The question concerning the local relevance of human rights can be approached from different angles. The contributors to the present volume predominantly focus on the prospects for mobilising human rights from below in order to effect social change. They do this both in theoretical terms and through case studies, or a combination of both. Some authors focus on the underlying notion of localisation and the challenges facing human rights in the context of globalisation. Others analyse the factors that render community-based human rights campaigns successful or unsuccessful, the importance of economic, social and cultural rights for advancing social justice and integration, and the question of how to overcome the ‘implementation gap’ between rhetoric and reality. Other authors in turn present concrete accounts, rich in detail and complexity, of struggles to realise rights in different parts of the world.
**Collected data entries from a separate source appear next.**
-- ===== src/Tests/Packets/Login.antt =====
-- A login through a page.
use itertk.Base.{
  ℕ, ◌≡◌, refl, Bool, Bool-cases, inl, inr, ◌==◌, if◌then◌else◌, true, false, some, List, [], ◌∷◌,
  ◌++◌, arith, replicate, codes,
}
use itertk.Conf.Users.{CmdCode, code_number, sys_usr_login}
use itertk.Conf.Defaults.{config_makedefault}
use itertk.Wire.{Step, Poll}
use itertk.Wire.Packet.{Itsip, ItsCmd, its_ack, its_id, itsip_pack, NoNul}
use itertk.Web.{Web, result_head}
use itertk.Web.Command.{web_svr_proc}
use itertk.Itslib.{Page, Dial, Result, put_string, packed, with_user}
use itertk.Itslib.Users.{with_password, user_login}
use itertk.Itslib.Login.{Answers, user_login_verdict}
use itertk.Tests.{demo_conf}
use itertk.Tests.Wires.{burst, burst-Serves, demo_conn}
use itertk.Tests.Packets.{head_layout, demo_abi, demo_head, demo_board, demo_web}

abbrev pub no_nul : List ℕ → Bool
no_nul [] = true
no_nul (b ∷ bs) = if b == 0 then false else no_nul bs

pub no_nul-NoNul : (s : List ℕ) → no_nul s ≡ true → NoNul s
no_nul-NoNul [] h = tt
no_nul-NoNul (b ∷ s) h = elim (Bool-cases (b == 0)) [
  | inl zero_byte ↦ absurd (let f : false ≡ true = rw zero_byte at h in cc)
  | inr other ↦ (
    (λ e.
        absurd (let f : (b == 0) ≡ true = rw e refl in let g : true ≡ false = rw f at other in cc)),
    no_nul-NoNul s (rw other at h),
  )
]

-- root logs in with the default password, and the answer says LOGIN_OK
abbrev login_head : Itsip
login_head =
    let h = demo_head 0xa0 in
    record h {
      itsip_user = codes "root" ++ replicate 20 0;
      itsip_data = codes "NC616123456" ++ replicate 13 0;
    }

abbrev login_answer : List ℕ
unfolding result_head its_ack its_id itsip_pack code_number
login_answer =
    head_layout.store (result_head ItsCmd.login 0 (code_number CmdCode.login_ok) (demo_head 0))

abbrev demo_page : Page
demo_page = record {
  abi = demo_abi;
  memory = λ k. 0;
  crypt = λ psw. codes "NC616" ++ psw;
  dial = Dial.connected 4 login_answer (burst 56 ∷ (0, Poll.moved 56 0 0 ∷ []) ∷ []);
  uninit = demo_head 0;
}

page-Answers : Answers demo_page login_head login_answer
unfolding login_answer
page-Answers = record {
  fd = 4;
  fd_pos = omega arith;
  first = burst 56;
  second = (0, Poll.moved 56 0 0 ∷ []);
  later = [];
  dial = refl;
  head_pos = omega arith;
  takes_head = burst-Serves 56;
  answer_size = refl;
  room = 56;
  sent_at = 0;
  seen_at = 0;
  others = [];
  turn = refl;
  whole = omega arith;
}

abbrev login_web : Web
login_web =
    let w = demo_web [] in
    record w { conn = demo_conn (head_layout.store login_head) (burst 56 ∷ burst 56 ∷ []) }

login_fits :
    with_password (codes "NC616123456") (with_user (codes "root") (packed demo_page ItsCmd.login 0))
    ≡ some login_head
unfolding put_string itsip_pack its_id
login_fits = refl

login_code : code_number (sys_usr_login demo_conf.con_usr (codes "root") (codes "NC616123456")) ≡ 4
unfolding sys_usr_login code_number config_makedefault
login_code = refl

login_answer_is :
    login_answer
    ≡ head_layout.store (
        result_head ItsCmd.login 0
          (code_number (sys_usr_login demo_conf.con_usr (codes "root") (codes "NC616123456")))
          (demo_head 0))
unfolding result_head its_ack its_id itsip_pack code_number login_answer
login_answer_is = rw login_code refl

login_answer_load :
    head_layout.load login_answer
    ≡ result_head ItsCmd.login 0
        (code_number (sys_usr_login demo_conf.con_usr (codes "root") (codes "NC616123456")))
        (demo_head 0)
unfolding result_head its_ack its_id itsip_pack code_number login_answer
login_answer_load = rw login_code refl

user_login_verdict_example :
    (w' : Web) × (r : Result) × (web_svr_proc demo_board login_web ≡ Step.done (tt, w'))
    × (w'.conn.outbox ≡ login_answer)
    × (w'.client ≡ login_web.client)
    × (user_login demo_page (codes "root") (codes "123456") ≡ Step.done r)
    × (r.code
        ≡ code_number
            (sys_usr_login login_web.client.conf.con_usr (codes "root") (codes "NC616123456")))
unfolding login_answer
user_login_verdict_example =
    user_login_verdict demo_page demo_board login_web (codes "root") (codes "123456") login_head
      login_answer (burst 56) (burst 56) [] (no_nul-NoNul (codes "root") refl)
      (no_nul-NoNul (codes "NC616123456") refl) login_fits login_answer_is page-Answers refl refl
      refl refl refl login_answer_load refl (burst-Serves 56) (burst-Serves 56) (omega arith)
Looking at the manuscript as a whole, it provides an innovative and coherent account of the importance of localising human rights as well as specific ways of going about this. A primary aim of my epilogue is to reconstruct the main elements of this overall position. Before turning to this, however, I wish to draw attention to another approach to localising human rights, which is not so well developed in the present publication yet in my view equally important. This has to do with building a human rights perspective into public policy making and administrative procedures at all levels of governance as well as in institutional settings that are not directly associated with human rights. I shall begin by presenting a case related to a law reform process in Tanzania in which I was peripherally involved in the late 1990s and which illustrates what is at stake in this complementary approach to the localisation of human rights.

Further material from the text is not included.